Murphy believes involving staff early has been key to Infinity’s success. “[Staff] knew we had to work on the front-end process of the ED. Really, it was a collaborative team effort, with everyone suggesting some ideas on what to do,” she shares. “When we finally did implement Pull to Infinity, my assistant and I worked the [triage hallway] area to kind of model what it should look like for the first few weeks. Then, we just continued to communicate with the team about what was working and what was not.”
Infinity has not required adding any staff, but there has been some rearranging. For instance, Murphy notes positioning the triage nurses in the triage hallway rather than in the triage rooms is more efficient.
“Also, some of the physicians now use computers on wheels to see patients in the department, and the flow has been just incredible,” she reports.
It is important to communicate to staff the “why” behind plans like these. “I think once teams understand that, there is more of a buy-in, and then they participate in the change,” Murphy observes.
Morrison agrees, but she also sees improvement as a continuing process. “We haven’t reached all of our goals, but we are constantly reviewing the process,” she explains.

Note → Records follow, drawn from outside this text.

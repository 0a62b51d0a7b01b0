-- ===== src/Client/Keys/Files.antt =====
-- client/src/keys.rs and keygen.rs: the key files, their modes, and the generation of a key set.
pub mod Modes
use Prim.Native.String.{String}
use solana_hybrid_pq_account.Base.{
  ℕ, ◌+◌, Bool, true, false, Option, none, some, List, [], ◌∷◌, Bytes, length, ◌==◌, if◌then◌else◌,
}
use solana_hybrid_pq_account.Program.Runtime.{Runtime}
use solana_hybrid_pq_account.Client.Crates.{Crates}
use solana_hybrid_pq_account.Client.Error.{
  ClientError, Result, ok, err, io, key_file_length, falcon_key, json, ok_or,
}
use solana_hybrid_pq_account.Client.FalconInterop.{prepare_pubkey}
use solana_hybrid_pq_account.Client.Keys.{
  Ed25519Keypair, FalconKeypair, KeySet, from_seed, public_bytes, id_json_bytes, build,
}
use solana_hybrid_pq_account.Client.Machine.{
  FilePath, Machine, Os, M, ◌>>=◌, ◌>>◌, pure, lift, os_call, change, opened, with_content,
  with_mode, set_dir_mode,
}

-- 0o600, 0o644 and 0o700
abbrev pub secret_mode : ℕ
secret_mode = 384

abbrev pub public_mode : ℕ
public_mode = 420

abbrev pub directory_mode : ℕ
directory_mode = 448

abbrev pub ed25519_sk_file : String
ed25519_sk_file = "ed25519.sk"

abbrev pub ed25519_pk_file : String
ed25519_pk_file = "ed25519.pk"

abbrev pub ed25519_id_file : String
ed25519_id_file = "ed25519-id.json"

abbrev pub falcon_sk_file : String
falcon_sk_file = "falcon512.sk"

abbrev pub falcon_pk_file : String
falcon_pk_file = "falcon512.pk"

abbrev pub falcon_prepared_file : String
falcon_prepared_file = "falcon512.prepared"

abbrev pub keyset_file : String
keyset_file = "keyset.json"

abbrev pub secret_files : List String
secret_files = ed25519_sk_file ∷ ed25519_id_file ∷ falcon_sk_file ∷ []

-- `KeyPaths`: the directory, and the path of a name in it.
abbrev pub key_path : String → String → FilePath
key_path dir name = record { dir = dir; name = name }

-- serde_json, on the two values that are written, and on a manifest that is read.
pub record Json : Type 0 where
  pub bytes_to_vec : Bytes → Bytes
  pub keyset_to_vec : KeySet → Bytes
  pub keyset_from_slice : Bytes → Option KeySet
  pub syntax : String

module _ (os : Os) where
  unfoldable pub write_with_mode : FilePath → Bytes → ℕ → M (Unit {0})
  write_with_mode path bytes mode = do
    let shown = os.display path
    os_call shown (os.open_error path) (change path (opened (os.masked mode))) (λ m. m)
    os_call shown (os.write_error path) (change path (with_content bytes))
        (change path (with_content (os.written path bytes)))
    os_call shown (os.sync_error path) (λ m. m) (λ m. m)
    os_call shown (os.mode_error path) (change path (with_mode mode)) (λ m. m)

  -- `fs::read(path)`
  unfoldable pub read : FilePath → M Bytes
  read path m = elim (os.read_error path) [
    | some text ↦ (err (io (os.display path) text), m)
    | none ↦ elim (m.files path) [
      | none ↦ (err (io (os.display path) os.not_found), m)
      | some f ↦ (ok f.content, m)
    ]
  ]

  unfoldable pub read_exact_len : FilePath → ℕ → M Bytes
  read_exact_len path expected = do
    bytes ← read path
    lift (
        if length bytes == expected
        then ok bytes
        else err (key_file_length (os.display path) expected (length bytes)))

  -- `Ed25519Keypair::generate` and `FalconKeypair::generate`
  unfoldable pub generate_ed25519 : M Ed25519Keypair
  generate_ed25519 m =
      (ok (record { signing = os.random_seed m.draws }), record m { draws = m.draws + 1 })

  unfoldable pub generate_falcon : M FalconKeypair
  generate_falcon m =
      let pair = os.falcon_keypair m.draws in
      (ok (record { public = pair.0; secret = pair.1 }), record m { draws = m.draws + 1 })

  -- `Ed25519Keypair::load`
  unfoldable pub load_ed25519 : String → M Ed25519Keypair
  load_ed25519 dir = do
    seed ← read_exact_len (key_path dir ed25519_sk_file) 32
    lift (from_seed seed)

module _ (os : Os) (js : Json) (c : Crates) where
  -- `Ed25519Keypair::write`
  unfoldable pub write_ed25519 : Ed25519Keypair → String → M (Unit {0})
  write_ed25519 ed dir = do
    write_with_mode os (key_path dir ed25519_sk_file) ed.signing secret_mode
    write_with_mode os (key_path dir ed25519_pk_file) (public_bytes c ed) public_mode
    write_with_mode os (key_path dir ed25519_id_file) (js.bytes_to_vec (id_json_bytes c ed))
        secret_mode

  -- `FalconKeypair::load`
  unfoldable pub load_falcon : String → M FalconKeypair
  load_falcon dir = do
    sk_bytes ← read_exact_len os (key_path dir falcon_sk_file) 1281
    pk_bytes ← read_exact_len os (key_path dir falcon_pk_file) 897
    secret ←
        lift
          (ok_or (c.pq_secret_key sk_bytes) (falcon_key "PQClean rejected the secret key encoding"))
    public ←
        lift
          (ok_or (c.pq_public_key pk_bytes) (falcon_key "PQClean rejected the public key encoding"))
    pure (record { public = public; secret = secret })

  -- `KeySet::write` and `KeySet::load`
  unfoldable pub write_keyset : KeySet → String → M (Unit {0})
  write_keyset keyset dir =
      write_with_mode os (key_path dir keyset_file) (js.keyset_to_vec keyset) public_mode

  unfoldable pub load_keyset : String → M KeySet
  load_keyset dir = do
    bytes ← read os (key_path dir keyset_file)
    lift (ok_or (js.keyset_from_slice bytes) (json js.syntax))

-- `FalconKeypair::write`
unfoldable pub write_falcon : Os → Runtime → FalconKeypair → String → M (Unit {0})
write_falcon os rt falcon dir = do
  write_with_mode os (key_path dir falcon_sk_file) falcon.secret secret_mode
  write_with_mode os (key_path dir falcon_pk_file) falcon.public public_mode
  prepared ← lift (prepare_pubkey rt falcon.public)
  write_with_mode os (key_path dir falcon_prepared_file) prepared public_mode

pub record PublicKeys : Type 0 where
  pub ed25519 : Bytes
  pub falcon_wire : Bytes

-- `PublicKeys::load`
unfoldable pub load_public : Os → String → M PublicKeys
load_public os dir = do
  ed ← read_exact_len os (key_path dir ed25519_pk_file) 32
  falcon_wire ← read_exact_len os (key_path dir falcon_pk_file) 897
  pure (record { ed25519 = ed; falcon_wire = falcon_wire })

-- `PublicKeys::falcon_public_key_hash`
unfoldable pub falcon_public_key_hash : Runtime → PublicKeys → Bytes
falcon_public_key_hash rt keys = rt.sha256 keys.falcon_wire

pub record KeygenReport : Type 0 where
  pub dir : String
  pub ed25519_public_key : String
  pub falcon_public_key_sha256 : String
  pub falcon_public_key_len : ℕ
  pub falcon_secret_key_len : ℕ
  pub prepared_public_key_len : ℕ
  pub secret_files : List String
  pub public_files : List String

-- `keygen::generate`
unfoldable pub generate : Os → Json → Crates → Runtime → String → M KeygenReport
generate os js c rt out_dir = do
  os_call out_dir (os.create_dir_error out_dir) (λ m. m) (λ m. m)
  os_call out_dir (os.dir_mode_error out_dir) (set_dir_mode out_dir directory_mode) (λ m. m)
  ed ← generate_ed25519 os
  falcon ← generate_falcon os
  write_ed25519 os js c ed out_dir
  write_falcon os rt falcon out_dir
  let keyset = build rt c ed falcon
  write_keyset os js c keyset out_dir
  pure (record {
    dir = out_dir;
    ed25519_public_key = c.hex_encode (public_bytes c ed);
    falcon_public_key_sha256 = keyset.falcon512_public_key_sha256;
    falcon_public_key_len = 897;
    falcon_secret_key_len = 1281;
    prepared_public_key_len = 1024;
    secret_files = secret_files;
    public_files = ed25519_pk_file ∷ falcon_pk_file ∷ falcon_prepared_file ∷ keyset_file ∷ [];
  })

For example, hospital administrators want to shorten the average patient length of stay in the ED to 130 minutes. That might require some interdisciplinary work with other departments that work closely with the ED.
To that end, Murphy notes that over the past year, the ED has implemented the I-PASS approach within the electronic medical record to streamline safe handoffs for patients who are admitted from the ED. Learn about I-PASS method at: www.ipassinstitute.com.
Since Pull to Infinity was implemented in June 2022, the average time it takes to see a provider in the ED has dropped from 22 minutes to seven minutes. This, despite continually expanding volumes. The average patient arrival-to-discharge time has improved to 175 minutes, down seven minutes. Also, the leave-without-being-seen rate declined from 3.5% last year to 1.6% in the first four months of 2023.